[Stored items]
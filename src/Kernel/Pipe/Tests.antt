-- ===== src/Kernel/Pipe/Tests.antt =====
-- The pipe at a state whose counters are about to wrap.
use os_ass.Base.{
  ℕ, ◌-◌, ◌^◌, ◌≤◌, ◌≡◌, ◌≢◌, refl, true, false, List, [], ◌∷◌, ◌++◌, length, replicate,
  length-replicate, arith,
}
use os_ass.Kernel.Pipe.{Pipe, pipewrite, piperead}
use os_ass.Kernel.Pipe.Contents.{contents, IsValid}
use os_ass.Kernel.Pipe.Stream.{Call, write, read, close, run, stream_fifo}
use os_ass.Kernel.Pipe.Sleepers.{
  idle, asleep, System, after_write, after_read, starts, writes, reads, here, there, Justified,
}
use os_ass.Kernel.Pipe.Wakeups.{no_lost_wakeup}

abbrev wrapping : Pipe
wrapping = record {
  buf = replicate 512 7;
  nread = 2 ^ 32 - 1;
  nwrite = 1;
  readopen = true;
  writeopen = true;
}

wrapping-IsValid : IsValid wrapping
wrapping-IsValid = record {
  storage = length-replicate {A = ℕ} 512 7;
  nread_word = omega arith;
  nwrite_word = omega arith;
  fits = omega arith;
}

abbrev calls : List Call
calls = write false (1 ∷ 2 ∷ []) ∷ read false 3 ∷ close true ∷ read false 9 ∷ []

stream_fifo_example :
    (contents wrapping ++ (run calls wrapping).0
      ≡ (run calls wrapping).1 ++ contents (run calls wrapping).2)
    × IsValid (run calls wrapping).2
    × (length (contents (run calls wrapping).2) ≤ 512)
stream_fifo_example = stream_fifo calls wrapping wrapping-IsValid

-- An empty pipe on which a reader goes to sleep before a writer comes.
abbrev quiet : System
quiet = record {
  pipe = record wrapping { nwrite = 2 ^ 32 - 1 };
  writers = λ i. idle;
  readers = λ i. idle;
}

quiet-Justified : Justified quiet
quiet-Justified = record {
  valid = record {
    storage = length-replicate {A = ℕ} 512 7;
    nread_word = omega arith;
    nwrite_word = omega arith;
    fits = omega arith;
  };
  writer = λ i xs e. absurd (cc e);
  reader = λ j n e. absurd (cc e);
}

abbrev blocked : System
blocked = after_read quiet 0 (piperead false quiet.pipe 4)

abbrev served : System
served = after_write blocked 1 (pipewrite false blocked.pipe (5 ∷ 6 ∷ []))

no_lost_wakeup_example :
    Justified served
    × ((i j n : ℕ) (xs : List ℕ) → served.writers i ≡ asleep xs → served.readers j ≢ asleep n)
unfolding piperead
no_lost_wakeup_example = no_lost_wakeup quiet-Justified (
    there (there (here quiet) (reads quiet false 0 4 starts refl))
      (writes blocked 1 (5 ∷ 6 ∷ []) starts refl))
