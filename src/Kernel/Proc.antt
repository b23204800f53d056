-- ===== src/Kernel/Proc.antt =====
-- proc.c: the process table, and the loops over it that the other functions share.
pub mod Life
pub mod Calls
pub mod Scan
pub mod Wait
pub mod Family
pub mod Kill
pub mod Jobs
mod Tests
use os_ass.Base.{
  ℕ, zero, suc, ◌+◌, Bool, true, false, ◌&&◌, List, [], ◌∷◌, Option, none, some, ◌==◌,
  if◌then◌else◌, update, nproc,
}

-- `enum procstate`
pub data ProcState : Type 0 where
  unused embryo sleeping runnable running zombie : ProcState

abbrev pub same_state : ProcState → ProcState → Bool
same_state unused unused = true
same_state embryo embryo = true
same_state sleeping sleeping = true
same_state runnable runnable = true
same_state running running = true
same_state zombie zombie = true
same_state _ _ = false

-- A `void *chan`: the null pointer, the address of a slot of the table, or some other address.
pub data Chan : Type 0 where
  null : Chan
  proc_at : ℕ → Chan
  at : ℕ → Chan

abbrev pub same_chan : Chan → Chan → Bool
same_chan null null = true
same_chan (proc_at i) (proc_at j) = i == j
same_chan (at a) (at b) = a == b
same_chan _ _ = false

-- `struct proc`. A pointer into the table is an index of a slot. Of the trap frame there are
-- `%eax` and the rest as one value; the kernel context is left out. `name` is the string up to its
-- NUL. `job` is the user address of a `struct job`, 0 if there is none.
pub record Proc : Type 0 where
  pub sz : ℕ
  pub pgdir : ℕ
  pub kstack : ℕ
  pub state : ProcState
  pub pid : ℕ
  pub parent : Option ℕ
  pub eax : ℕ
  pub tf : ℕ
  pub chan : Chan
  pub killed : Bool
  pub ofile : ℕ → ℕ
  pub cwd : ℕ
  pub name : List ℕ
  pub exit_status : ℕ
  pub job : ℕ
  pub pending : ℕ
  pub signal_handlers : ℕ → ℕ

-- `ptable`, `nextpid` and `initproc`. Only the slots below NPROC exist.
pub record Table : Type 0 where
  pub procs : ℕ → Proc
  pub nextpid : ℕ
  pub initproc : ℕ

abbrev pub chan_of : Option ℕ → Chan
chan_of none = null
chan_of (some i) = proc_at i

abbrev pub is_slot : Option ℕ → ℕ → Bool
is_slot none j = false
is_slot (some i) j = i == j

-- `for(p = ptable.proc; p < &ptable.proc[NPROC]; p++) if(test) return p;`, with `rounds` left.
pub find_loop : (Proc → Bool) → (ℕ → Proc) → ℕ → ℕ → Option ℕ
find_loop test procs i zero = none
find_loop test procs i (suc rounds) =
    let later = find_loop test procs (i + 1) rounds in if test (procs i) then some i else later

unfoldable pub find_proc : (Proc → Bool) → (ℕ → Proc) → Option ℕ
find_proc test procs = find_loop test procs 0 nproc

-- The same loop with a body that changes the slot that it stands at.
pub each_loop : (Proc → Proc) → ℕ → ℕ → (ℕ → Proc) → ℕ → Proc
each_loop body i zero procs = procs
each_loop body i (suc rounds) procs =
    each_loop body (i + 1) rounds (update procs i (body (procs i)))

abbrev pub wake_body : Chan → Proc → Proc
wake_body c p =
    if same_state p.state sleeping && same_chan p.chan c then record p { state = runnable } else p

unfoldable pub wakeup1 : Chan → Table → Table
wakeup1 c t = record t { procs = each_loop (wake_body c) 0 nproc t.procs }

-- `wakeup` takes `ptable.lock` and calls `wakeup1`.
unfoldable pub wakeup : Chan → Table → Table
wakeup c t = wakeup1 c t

- THE PROBLEM:
The stretch of entries above that starts with the line containing "pub record Proc : Type 0 where" and goes on through the line containing "pub exit_status : ℕ" is to be transcribed exactly, and no other line is to be transcribed.

- PROBLEM SOLUTION:
pub record Proc : Type 0 where
  pub sz : ℕ
  pub pgdir : ℕ
  pub kstack : ℕ
  pub state : ProcState
  pub pid : ℕ
  pub parent : Option ℕ
  pub eax : ℕ
  pub tf : ℕ
  pub chan : Chan
  pub killed : Bool
  pub ofile : ℕ → ℕ
  pub cwd : ℕ
  pub name : List ℕ
  pub exit_status : ℕ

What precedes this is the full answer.